If you left for a day trip from Reykjavík along the south coast you probably know about the obligatory stops at Seljalandsfoss and Skógafoss. Sam went on a tour along the south coast some time ago and here is his day tour suggestion.
But wait! There is more! There is much more to discover along the south coast. So it would definitely be wise to take your time. For example you could relax at the oldest pool in Iceland – Seljavallalaug, which you find between Seljalandsfoss and Skógafoss. Or when in Skógar, go and visit Kvernufoss. Further down the Road 1 to Vík you’ll find the Sólheima glacier and just before Vík you could turn and visit the southernmost part of Iceland – Dyrhólaey.
Dyrhólaey is a 120m high promontory and it name means “the door hole island”. And this is also how it looks like. The promontory got its name from the massive stone arch that the sea has eroded from the headland.
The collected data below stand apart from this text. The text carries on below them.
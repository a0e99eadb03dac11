-- ===== src/Reconfigurable/Devices.antt =====
-- What the operations of a device leave alone: the number of devices, their ids and their iterations.
use astra_network_analytical.Base.{
  ℕ, suc, ◌+◌, ◌≡◌, ◌≢◌, refl, sym, ◌∙◌, ap, subst, inl, inr, not, List, [], ◌∷◌, length, some,
  get_elem?, set, length-set, ◌==◌, Outcome, Error, ok, assertion, or_fail, arith, >>=-eq-ok,
  check-eq-ok, or_fail-eq-ok, ok-injective, if-eq-ok,
}
use astra_network_analytical.Base.Maps.{find, put, find_or}
use astra_network_analytical.Double.{Double, nought}
use astra_network_analytical.EventQueue.{EventQueue, schedule_event}
use astra_network_analytical.Reconfigurable.State.{
  Chunk, Link, Device, TopologyManager, Event, link_become_free, World, devices_of, device_at,
  with_device, with_devices,
}
use astra_network_analytical.Reconfigurable.Chunk.{
  current_device, next_device, arrived_dest, update_route,
}
use astra_network_analytical.Reconfigurable.Link
use astra_network_analytical.Reconfigurable.Device
use astra_network_analytical.Reconfigurable.Device.{connected, transmit, must_wait, push_pending}
use astra_network_analytical.Reconfigurable.Topology
use astra_network_analytical.Reconfigurable.Places.{AllAt, get_elem?-AllAt, set-AllAt}

module _ {W : Type 0} where
  -- Device p has id p, and the iteration that `f` says.
  abbrev pub At : (ℕ → ℕ) → ℕ → Device W → Type 0
  At f p device = (device.device_id ≡ p) × (device.topology_iteration ≡ f p)

  -- Only the devices change, and neither their number nor what `At` says of them.
  abbrev pub Kept : TopologyManager W → TopologyManager W → Type 0
  Kept m m' =
      (ds : List (Device W)) × (m' ≡ record m { topology = record (m.topology) { devices = ds } })
      × (length ds ≡ length m.topology.devices)
      × ((f : ℕ → ℕ) → AllAt (At f) 0 m.topology.devices → AllAt (At f) 0 ds)

  pub Kept-refl : (m : TopologyManager W) → Kept m m
  Kept-refl m = (m.topology.devices, refl, refl, λ f a. a)

  pub Kept-trans : (l m n : TopologyManager W) → Kept l m → Kept m n → Kept l n
  Kept-trans l m n (ds, e, len, f) (ds', e', len', g) =
      let devices : m.topology.devices ≡ ds =
        ap (λ (x : TopologyManager W). x.topology.devices) e in
      (
        ds',
        e'
            ∙ ap
                (λ (x : TopologyManager W). record x {
                  topology = record (x.topology) { devices = ds' };
                })
                e,
        len' ∙ ap length devices ∙ len,
        λ h a. g h (subst (AllAt (At h) 0) (sym devices) (f h a)),
      )

  pub with_device-Kept :
      (w : World W) (i : ℕ) (old device : Device W)
      → get_elem? (devices_of w) i ≡ some old
      → device.device_id ≡ old.device_id
      → device.topology_iteration ≡ old.topology_iteration
      → Kept w.state.manager (with_device w i device).state.manager
  with_device-Kept w i old device at id iteration = (
    set (devices_of w) i device,
    refl,
    length-set (devices_of w) i device,
    λ f a.
        let (old_id, old_iteration) = get_elem?-AllAt (At f) 0 i (devices_of w) a at in
        set-AllAt (At f) (At f) 0 i (devices_of w) device (λ k y ne p. p)
          (id ∙ old_id, iteration ∙ old_iteration) a,
  )

module _ {W : Type 0} ⦃d : Double W⦄ where
  pub transmit-Kept :
      (i id : ℕ) (old device : Device W) (link : Link W) (chunk : Chunk) (w w' : World W)
      → get_elem? (devices_of w) i ≡ some old
      → device.device_id ≡ old.device_id
      → device.topology_iteration ≡ old.topology_iteration
      → transmit i id device link chunk w ≡ ok w'
      → Kept w.state.manager w'.state.manager
  unfolding transmit
  transmit-Kept i id old device link chunk w w' at same_id same_iteration h =
      let (sent, _, h₁) = >>=-eq-ok (Link.send link chunk w.queue) _ h in
      let (queue, _, made) =
        >>=-eq-ok (schedule_event sent.queue sent.link_free_time (link_become_free i id)) _ h₁ in
      subst (λ (v : World W). Kept w.state.manager v.state.manager) (ok-injective made)
        (with_device-Kept w i old (record device { links = put id sent.link device.links }) at
          same_id same_iteration)

  pub send-Kept :
      (i : ℕ) (c : Chunk) (w w' : World W)
      → Device.send i c w ≡ ok w'
      → Kept w.state.manager w'.state.manager
  unfolding Device.send
  send-Kept i c w w' h =
      let (device, found, h₁) = >>=-eq-ok (device_at w i) _ h in
      let at = or_fail-eq-ok Error.undefined (get_elem? (devices_of w) i) found in
      let (current, _, h₂) = >>=-eq-ok (current_device c) _ h₁ in
      let (_, h₃) = check-eq-ok (current == device.device_id) assertion _ h₂ in
      let (_, h₄) = check-eq-ok (not (arrived_dest c)) assertion _ h₃ in
      let (dest, _, h₅) = >>=-eq-ok (next_device c) _ h₄ in
      let routed = update_route c (find_or [] dest device.routes) c.topology_iteration in
      let (next, _, h₆) = >>=-eq-ok (next_device routed) _ h₅ in
      let (_, h₇) = check-eq-ok (connected device next) assertion _ h₆ in
      let (link, _, sent) = >>=-eq-ok (or_fail Error.undefined (find next device.links)) _ h₇ in
      elim (if-eq-ok (must_wait device link routed)
        (ok (with_device w i (push_pending device next routed)))
        (transmit i next device link routed w) sent) [
          | inl (_, waits) ↦
              subst (λ (v : World W). Kept w.state.manager v.state.manager) (ok-injective waits)
                (with_device-Kept w i device (push_pending device next routed) at refl refl)
          | inr (_, goes) ↦ transmit-Kept i next device device link routed w w' at refl refl goes
        ]

  pub topology_send-Kept :
      (c : Chunk) (w w' : World W)
      → Topology.send c w ≡ ok w'
      → Kept w.state.manager w'.state.manager
  unfolding Topology.send
  topology_send-Kept c w w' h =
      let (src, _, h₁) = >>=-eq-ok (current_device c) _ h in
      let (_, sent) = check-eq-ok _ assertion _ h₁ in send-Kept src c w w' sent

  reconfigure_link-keeps :
      (i id : ℕ) (link : Link W) (bs : List W) (rs : List (List ℕ)) (lats : List W) (time : W)
      (e e' : Device W) (q q' : EventQueue Event)
      → Device.reconfigure_link i id link bs rs lats time e q ≡ ok (e', q')
      → (e'.device_id ≡ e.device_id) × (e'.topology_iteration ≡ e.topology_iteration)
  unfolding Device.reconfigure_link
  reconfigure_link-keeps i id link bs rs lats time e e' q q' h =
      elim (if-eq-ok (id == e.device_id) (ok (e, q)) _ h) [
        | inl (_, same) ↦
            let kept = ap (λ (p : Device W × EventQueue Event). p.0) (ok-injective same) in
            (
              ap (λ (x : Device W). x.device_id) (sym kept),
              ap (λ (x : Device W). x.topology_iteration) (sym kept),
            )
        | inr (_, h₁) ↦
            let (bandwidth, _, h₂) = >>=-eq-ok (or_fail Error.undefined (get_elem? bs id)) _ h₁ in
            let (_, h₃) = check-eq-ok (d.le nought bandwidth) assertion _ h₂ in
            let (latency, _, h₄) = >>=-eq-ok (or_fail Error.undefined (get_elem? lats id)) _ h₃ in
            let (_, h₅) = check-eq-ok (d.le nought latency) assertion _ h₄ in
            let (route, _, h₆) = >>=-eq-ok (or_fail Error.undefined (get_elem? rs id)) _ h₅ in
            let (pair, _, h₇) =
              >>=-eq-ok (Link.reconfigure link bandwidth latency time q.current_time) _ h₆ in
            let (queue, _, made) =
              >>=-eq-ok (schedule_event q pair.0 (link_become_free i id)) _ h₇ in
            same-parts (record e { routes = put id route e.routes; links = put id pair.1 e.links })
              queue made
      ]
    where
      same-parts :
          (k : Device W) (p : EventQueue Event)
          → ◌≡◌ {A = Outcome (Device W × EventQueue Event)} (ok (k, p)) (ok (e', q'))
          → (e'.device_id ≡ k.device_id) × (e'.topology_iteration ≡ k.topology_iteration)
      same-parts k p made =
          let kept = ap (λ (p : Device W × EventQueue Event). p.0) (ok-injective made) in
          (
            ap (λ (x : Device W). x.device_id) (sym kept),
            ap (λ (x : Device W). x.topology_iteration) (sym kept),
          )

  -- The loop over the links gives the device back with its id and iteration.
  reconfigure_links-keeps :
      (i : ℕ) (ls : List (ℕ × Link W)) (bs : List W) (rs : List (List ℕ)) (lats : List W) (time : W)
      (e e' : Device W) (q q' : EventQueue Event)
      → Device.reconfigure_links i ls bs rs lats time e q ≡ ok (e', q')
      → (e'.device_id ≡ e.device_id) × (e'.topology_iteration ≡ e.topology_iteration)
  unfolding Device.reconfigure_links
  reconfigure_links-keeps i [] bs rs lats time e e' q q' h =
      let kept = ap (λ (p : Device W × EventQueue Event). p.0) (ok-injective h) in
      (
        ap (λ (x : Device W). x.device_id) (sym kept),
        ap (λ (x : Device W). x.topology_iteration) (sym kept),
      )
  reconfigure_links-keeps i ((id, link) ∷ rest) bs rs lats time e e' q q' h =
      let (p, first, later) =
        >>=-eq-ok (Device.reconfigure_link i id link bs rs lats time e q) _ h in
      let (id₁, iteration₁) = reconfigure_link-keeps i id link bs rs lats time e p.0 q p.1 first in
      let (id₂, iteration₂) = reconfigure_links-keeps i rest bs rs lats time p.0 e' p.1 q' later in
      (id₂ ∙ id₁, iteration₂ ∙ iteration₁)

  -- `reconfigure` of the device at place i counts its iteration up, and nobody else's.
  pub reconfigure-At :
      (i : ℕ) (bs : List W) (rs : List (List ℕ)) (lats : List W) (time : W) (w w' : World W)
      → Device.reconfigure i bs rs lats time w ≡ ok w'
      → (ds : List (Device W)) × (w'.state ≡ (with_devices w ds).state)
        × (length ds ≡ length (devices_of w))
        × ((f g : ℕ → ℕ)
            → ((k : ℕ) → k ≢ i → g k ≡ f k)
            → g i ≡ suc (f i)
            → AllAt (At f) 0 (devices_of w)
            → AllAt (At g) 0 ds)
  unfolding Device.reconfigure
  reconfigure-At i bs rs lats time w w' h =
      let (device, found, h₁) = >>=-eq-ok (device_at w i) _ h in
      let (_, h₂) = check-eq-ok (length bs == length device.links) assertion _ h₁ in
      let (_, h₃) = check-eq-ok (length lats == length device.links) assertion _ h₂ in
      let next = record device { topology_iteration = suc device.topology_iteration } in
      let (p, looped, made) =
        >>=-eq-ok (Device.reconfigure_links i device.links bs rs lats time next w.queue) _ h₃ in
      let (id, iteration) =
        reconfigure_links-keeps i device.links bs rs lats time next p.0 w.queue p.1 looped in
      (
        set (devices_of w) i p.0,
        ap (λ (v : World W). v.state) (sym (ok-injective made)),
        length-set (devices_of w) i p.0,
        λ f g same up a.
            let (old_id, old_iteration) =
              get_elem?-AllAt (At f) 0 i (devices_of w) a
                (or_fail-eq-ok Error.undefined (get_elem? (devices_of w) i) found) in
            set-AllAt (At f) (At g) 0 i (devices_of w) p.0
              (λ k y ne b. (b.0, b.1 ∙ sym (same k (λ e. ne (omega arith)))))
              (subst (λ k. At g k p.0) (omega arith)
                (id ∙ old_id ∙ omega arith, iteration ∙ up_of f old_iteration ∙ sym up))
              a,
      )
    where
      up_of : (f : ℕ → ℕ) {n : ℕ} → n ≡ f (0 + i) → suc n ≡ suc (f i)
      up_of f {n} e = ap suc (subst (λ k. n ≡ f k) (omega arith) e)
And this arch is visible from as far away as Skógar. From on top of Skógafoss you can get a beautiful view of the arch – on a clear day that is.
How to get there?
Continue on the main road (N1) from Skógar to Vík. To get to Dyrhólaey you take a right turn about 15 km before Vík (watch the signs). Follow the road and it will lead you to a parking lot about 6km from the main road. From here you are free to explore the surroundings of the promontory.
Dyrhólaey is supposed to have been created during an interglacial period late in the Ice Age by a submarine volcanic eruption. The cliffs are a beautiful assembly of basalt columns; forming arches, stairs, towers – whatever you can imagine – and they rise over a long expanse of black sand to the north and south.
The western part of the promontory is names Háey (High Island) and the part in the east is often referred to as Lágey (Low Island). Yes, Icelanders like to give very descriptive place names. (Just look at Skógar.) While in the past farmers often went fishing around Dyrhólaey, today they have developed a nesting site for eider ducks for the gathering of down. But also loads of other birds find a home here. Therefore all the cliffs, rocks, etc. are protected area and Dyrhólaey has been a natural reserve since 1978. Hence it can also happen that the access to the promontory is closed during nesting season in spring. Check their homepage beforehand.
So be careful when wandering around. Don’t disturb the birds or damage the vegetation. And DON’T go too close to the edge of the cliffs, trying to take that perfect picture! Just a few months ago a land slide occurred. A part of the cliff broke off with two tourists on top. They survived the 40 m deep fall with bad injuries and broken bones. Yes, nature in Iceland is unpredictable so better be safe than sorry.
To the lighthouse
A short walk uphill from the parking lot on top of the hill is an old lighthouse. I definitely recommend walking up here although it must be one of the windiest spots ever. We really had to fight our way up and down hill as the wind was so strong. Once we got up there we took shelter, staying close to the lighthouse walls. The very first lighthouse was built in 1910 and the one you see nowadays was built in 1927. There are also a sheepcote and a barn not far from the lighthouse. These were for the first lighthouse keeper.
From on top of the hill you get the best view of the massive stone arch. When the sea is calm, boats can sail through it and once upon a time a stunt pilot is said to have flown through it as well.
Looking north you can see the whole western coastline – on a clear day as far as to the Vestmannaeyar. To the east the big glacier Mýrdalsjökull is visible. It reaches a height of almost 1450 m. And north east you can also spot the mountains and glacier Eyjafallajökull.